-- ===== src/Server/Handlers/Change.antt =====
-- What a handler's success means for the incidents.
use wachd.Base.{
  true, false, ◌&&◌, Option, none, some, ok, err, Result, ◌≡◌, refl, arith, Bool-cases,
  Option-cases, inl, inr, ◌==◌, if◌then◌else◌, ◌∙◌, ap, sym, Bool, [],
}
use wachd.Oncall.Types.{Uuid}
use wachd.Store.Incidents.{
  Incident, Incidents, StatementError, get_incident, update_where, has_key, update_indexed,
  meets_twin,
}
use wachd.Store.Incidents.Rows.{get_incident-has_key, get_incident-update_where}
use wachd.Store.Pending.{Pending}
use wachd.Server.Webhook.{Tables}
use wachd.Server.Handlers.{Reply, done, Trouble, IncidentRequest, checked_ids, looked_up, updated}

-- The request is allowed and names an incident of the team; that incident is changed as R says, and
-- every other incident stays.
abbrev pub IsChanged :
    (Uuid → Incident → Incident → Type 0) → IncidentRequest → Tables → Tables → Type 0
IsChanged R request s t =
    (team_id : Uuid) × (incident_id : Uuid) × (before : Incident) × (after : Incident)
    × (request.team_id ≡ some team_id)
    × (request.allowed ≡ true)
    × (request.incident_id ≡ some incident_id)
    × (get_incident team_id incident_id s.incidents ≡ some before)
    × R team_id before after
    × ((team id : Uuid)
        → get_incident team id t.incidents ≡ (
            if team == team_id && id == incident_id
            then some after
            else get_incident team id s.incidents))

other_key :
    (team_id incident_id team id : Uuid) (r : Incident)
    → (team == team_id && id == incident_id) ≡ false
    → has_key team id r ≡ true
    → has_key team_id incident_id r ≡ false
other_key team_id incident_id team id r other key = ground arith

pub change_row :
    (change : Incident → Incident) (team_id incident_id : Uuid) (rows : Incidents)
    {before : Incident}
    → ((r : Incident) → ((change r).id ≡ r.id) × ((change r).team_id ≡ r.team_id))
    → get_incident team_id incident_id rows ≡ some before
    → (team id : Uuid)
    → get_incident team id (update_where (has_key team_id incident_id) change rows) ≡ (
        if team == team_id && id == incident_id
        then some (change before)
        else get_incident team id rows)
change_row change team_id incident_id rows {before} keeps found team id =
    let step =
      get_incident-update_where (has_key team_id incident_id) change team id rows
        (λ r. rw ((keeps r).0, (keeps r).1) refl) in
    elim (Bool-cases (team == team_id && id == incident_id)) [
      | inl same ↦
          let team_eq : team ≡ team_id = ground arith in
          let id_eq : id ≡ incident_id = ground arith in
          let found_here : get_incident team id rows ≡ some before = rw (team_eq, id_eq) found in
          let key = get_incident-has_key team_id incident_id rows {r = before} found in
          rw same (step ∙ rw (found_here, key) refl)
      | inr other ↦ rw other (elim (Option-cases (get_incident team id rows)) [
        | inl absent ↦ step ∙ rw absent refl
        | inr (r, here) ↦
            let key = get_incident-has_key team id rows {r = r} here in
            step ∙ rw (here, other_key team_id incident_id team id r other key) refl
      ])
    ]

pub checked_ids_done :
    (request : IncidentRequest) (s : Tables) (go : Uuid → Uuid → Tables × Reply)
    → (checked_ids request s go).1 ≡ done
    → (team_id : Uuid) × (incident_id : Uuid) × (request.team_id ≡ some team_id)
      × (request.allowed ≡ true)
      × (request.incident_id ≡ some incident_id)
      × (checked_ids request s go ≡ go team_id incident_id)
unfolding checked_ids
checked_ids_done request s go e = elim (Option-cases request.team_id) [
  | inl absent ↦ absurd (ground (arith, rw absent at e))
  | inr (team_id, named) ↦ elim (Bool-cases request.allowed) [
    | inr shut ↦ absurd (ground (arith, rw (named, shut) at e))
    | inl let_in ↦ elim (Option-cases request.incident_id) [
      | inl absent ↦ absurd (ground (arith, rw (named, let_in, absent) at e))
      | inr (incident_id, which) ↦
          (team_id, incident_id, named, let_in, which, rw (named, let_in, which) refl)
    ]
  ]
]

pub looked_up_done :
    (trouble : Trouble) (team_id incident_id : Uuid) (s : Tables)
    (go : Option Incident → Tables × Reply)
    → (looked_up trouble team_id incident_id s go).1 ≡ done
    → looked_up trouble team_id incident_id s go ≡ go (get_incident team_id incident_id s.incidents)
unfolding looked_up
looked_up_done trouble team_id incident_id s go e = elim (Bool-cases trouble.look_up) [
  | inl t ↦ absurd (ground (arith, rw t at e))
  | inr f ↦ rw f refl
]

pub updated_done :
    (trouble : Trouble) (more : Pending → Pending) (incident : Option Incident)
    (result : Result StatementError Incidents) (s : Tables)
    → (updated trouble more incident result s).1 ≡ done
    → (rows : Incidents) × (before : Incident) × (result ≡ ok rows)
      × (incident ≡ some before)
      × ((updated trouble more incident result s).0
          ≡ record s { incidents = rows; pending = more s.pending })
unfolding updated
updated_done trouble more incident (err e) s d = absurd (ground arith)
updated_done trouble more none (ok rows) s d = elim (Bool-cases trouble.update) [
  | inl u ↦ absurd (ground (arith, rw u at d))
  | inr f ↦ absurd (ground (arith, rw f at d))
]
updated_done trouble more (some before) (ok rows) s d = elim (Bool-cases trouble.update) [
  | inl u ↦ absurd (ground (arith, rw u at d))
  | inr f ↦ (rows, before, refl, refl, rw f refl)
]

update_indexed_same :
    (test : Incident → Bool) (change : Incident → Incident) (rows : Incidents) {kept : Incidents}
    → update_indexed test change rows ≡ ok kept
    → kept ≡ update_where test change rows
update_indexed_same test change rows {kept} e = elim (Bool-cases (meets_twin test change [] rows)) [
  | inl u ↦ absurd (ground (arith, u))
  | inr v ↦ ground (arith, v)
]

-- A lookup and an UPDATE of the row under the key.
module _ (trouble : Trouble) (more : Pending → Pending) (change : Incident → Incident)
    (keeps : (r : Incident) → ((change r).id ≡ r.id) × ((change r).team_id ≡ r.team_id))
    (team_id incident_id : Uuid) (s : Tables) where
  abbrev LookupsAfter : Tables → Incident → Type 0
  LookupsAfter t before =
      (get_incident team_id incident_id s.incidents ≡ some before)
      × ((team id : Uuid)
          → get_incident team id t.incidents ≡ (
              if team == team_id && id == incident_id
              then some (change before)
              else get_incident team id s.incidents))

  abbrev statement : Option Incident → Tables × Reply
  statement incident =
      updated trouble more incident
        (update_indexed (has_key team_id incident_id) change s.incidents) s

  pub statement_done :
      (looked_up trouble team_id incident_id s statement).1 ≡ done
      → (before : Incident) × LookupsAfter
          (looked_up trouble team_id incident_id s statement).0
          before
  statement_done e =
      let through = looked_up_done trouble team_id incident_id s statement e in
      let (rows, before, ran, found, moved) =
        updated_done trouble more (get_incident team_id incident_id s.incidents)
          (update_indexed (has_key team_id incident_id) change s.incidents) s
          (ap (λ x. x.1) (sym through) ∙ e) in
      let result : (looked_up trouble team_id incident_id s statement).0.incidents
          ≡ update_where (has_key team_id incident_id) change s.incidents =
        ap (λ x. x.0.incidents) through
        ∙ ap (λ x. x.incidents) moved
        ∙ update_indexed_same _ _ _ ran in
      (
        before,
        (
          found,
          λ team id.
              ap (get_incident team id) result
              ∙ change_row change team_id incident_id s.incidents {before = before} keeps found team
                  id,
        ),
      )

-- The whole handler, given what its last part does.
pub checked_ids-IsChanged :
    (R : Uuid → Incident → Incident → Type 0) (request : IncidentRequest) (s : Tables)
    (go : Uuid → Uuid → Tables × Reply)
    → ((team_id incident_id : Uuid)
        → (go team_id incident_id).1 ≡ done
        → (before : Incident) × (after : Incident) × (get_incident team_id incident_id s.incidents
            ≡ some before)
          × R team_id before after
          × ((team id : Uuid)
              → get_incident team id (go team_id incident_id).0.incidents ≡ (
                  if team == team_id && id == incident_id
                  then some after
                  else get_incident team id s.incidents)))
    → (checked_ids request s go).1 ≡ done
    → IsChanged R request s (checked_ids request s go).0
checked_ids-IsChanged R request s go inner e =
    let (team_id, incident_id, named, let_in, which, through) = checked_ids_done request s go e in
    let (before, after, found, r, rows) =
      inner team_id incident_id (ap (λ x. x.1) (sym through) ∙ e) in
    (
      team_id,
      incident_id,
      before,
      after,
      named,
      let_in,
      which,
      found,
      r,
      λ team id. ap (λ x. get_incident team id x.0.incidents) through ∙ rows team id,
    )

§ §

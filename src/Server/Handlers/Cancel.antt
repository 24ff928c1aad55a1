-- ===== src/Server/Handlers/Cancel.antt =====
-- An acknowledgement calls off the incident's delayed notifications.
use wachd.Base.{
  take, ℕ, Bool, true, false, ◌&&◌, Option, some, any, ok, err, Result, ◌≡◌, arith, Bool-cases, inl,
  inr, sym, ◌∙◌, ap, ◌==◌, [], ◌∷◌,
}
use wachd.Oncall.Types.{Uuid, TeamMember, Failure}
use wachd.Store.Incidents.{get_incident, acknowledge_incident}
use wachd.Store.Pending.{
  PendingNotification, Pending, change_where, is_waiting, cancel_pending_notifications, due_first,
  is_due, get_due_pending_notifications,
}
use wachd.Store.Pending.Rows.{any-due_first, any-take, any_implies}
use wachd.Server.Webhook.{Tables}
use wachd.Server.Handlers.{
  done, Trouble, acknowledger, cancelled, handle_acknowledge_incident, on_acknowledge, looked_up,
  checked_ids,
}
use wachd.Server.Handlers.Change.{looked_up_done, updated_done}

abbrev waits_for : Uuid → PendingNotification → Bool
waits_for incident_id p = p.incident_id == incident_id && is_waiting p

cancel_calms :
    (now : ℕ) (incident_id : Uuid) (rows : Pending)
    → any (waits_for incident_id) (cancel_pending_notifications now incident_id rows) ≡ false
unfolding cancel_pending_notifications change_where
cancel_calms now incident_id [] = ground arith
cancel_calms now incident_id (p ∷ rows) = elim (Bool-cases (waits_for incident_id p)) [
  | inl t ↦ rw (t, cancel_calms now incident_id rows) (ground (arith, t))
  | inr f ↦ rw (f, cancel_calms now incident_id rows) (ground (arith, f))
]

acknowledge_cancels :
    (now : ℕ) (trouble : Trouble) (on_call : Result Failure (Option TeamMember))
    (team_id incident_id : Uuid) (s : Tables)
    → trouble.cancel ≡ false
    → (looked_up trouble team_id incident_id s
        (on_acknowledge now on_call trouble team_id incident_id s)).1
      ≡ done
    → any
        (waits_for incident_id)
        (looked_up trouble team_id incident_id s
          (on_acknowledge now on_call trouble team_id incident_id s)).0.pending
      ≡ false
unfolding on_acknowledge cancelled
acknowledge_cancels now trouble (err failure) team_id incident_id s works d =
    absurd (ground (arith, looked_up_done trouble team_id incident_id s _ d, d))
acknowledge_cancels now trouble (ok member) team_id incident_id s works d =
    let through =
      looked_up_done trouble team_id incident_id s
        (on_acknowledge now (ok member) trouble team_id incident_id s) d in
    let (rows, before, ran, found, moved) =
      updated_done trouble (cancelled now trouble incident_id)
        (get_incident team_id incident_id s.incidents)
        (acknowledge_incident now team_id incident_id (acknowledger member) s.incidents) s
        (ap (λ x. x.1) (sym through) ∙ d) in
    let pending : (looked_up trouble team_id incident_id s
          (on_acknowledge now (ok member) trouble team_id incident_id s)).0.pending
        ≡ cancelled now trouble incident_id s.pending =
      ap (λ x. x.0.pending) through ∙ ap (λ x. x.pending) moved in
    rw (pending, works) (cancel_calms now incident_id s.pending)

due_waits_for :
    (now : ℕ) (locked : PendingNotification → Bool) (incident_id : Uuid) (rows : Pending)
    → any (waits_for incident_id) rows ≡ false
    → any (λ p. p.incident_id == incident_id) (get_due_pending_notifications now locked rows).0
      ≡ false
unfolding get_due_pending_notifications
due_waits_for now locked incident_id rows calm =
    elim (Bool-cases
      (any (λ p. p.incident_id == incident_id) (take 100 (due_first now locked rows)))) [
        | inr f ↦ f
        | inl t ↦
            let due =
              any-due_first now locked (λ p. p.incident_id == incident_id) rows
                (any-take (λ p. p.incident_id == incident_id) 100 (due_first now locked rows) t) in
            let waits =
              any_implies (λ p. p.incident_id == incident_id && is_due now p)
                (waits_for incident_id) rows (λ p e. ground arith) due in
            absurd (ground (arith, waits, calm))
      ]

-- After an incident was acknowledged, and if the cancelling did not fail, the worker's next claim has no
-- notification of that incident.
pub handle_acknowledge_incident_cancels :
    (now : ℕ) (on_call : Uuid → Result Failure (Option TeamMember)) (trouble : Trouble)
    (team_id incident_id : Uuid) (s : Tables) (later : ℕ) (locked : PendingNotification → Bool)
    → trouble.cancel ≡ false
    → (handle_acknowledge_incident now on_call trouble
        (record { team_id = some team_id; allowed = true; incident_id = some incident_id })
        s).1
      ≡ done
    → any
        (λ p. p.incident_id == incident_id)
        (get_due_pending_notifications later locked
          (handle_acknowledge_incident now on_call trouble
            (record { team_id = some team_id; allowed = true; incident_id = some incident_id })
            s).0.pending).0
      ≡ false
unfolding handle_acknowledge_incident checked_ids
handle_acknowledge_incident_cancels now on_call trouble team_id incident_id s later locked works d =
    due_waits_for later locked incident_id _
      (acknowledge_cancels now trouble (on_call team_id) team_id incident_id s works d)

§ §

**Exercise**
Above are some records; copy exactly the lines from the one with "rw f at d))" through the one with "(test : Incident", both included, and no others.

**Result of this task**
  | inr f ↦ absurd (ground (arith, rw f at d))
]
updated_done trouble more (some before) (ok rows) s d = elim (Bool-cases trouble.update) [
  | inl u ↦ absurd (ground (arith, rw u at d))
  | inr f ↦ (rows, before, refl, refl, rw f refl)
]

update_indexed_same :
    (test : Incident → Bool) (change : Incident → Incident) (rows : Incidents) {kept : Incidents}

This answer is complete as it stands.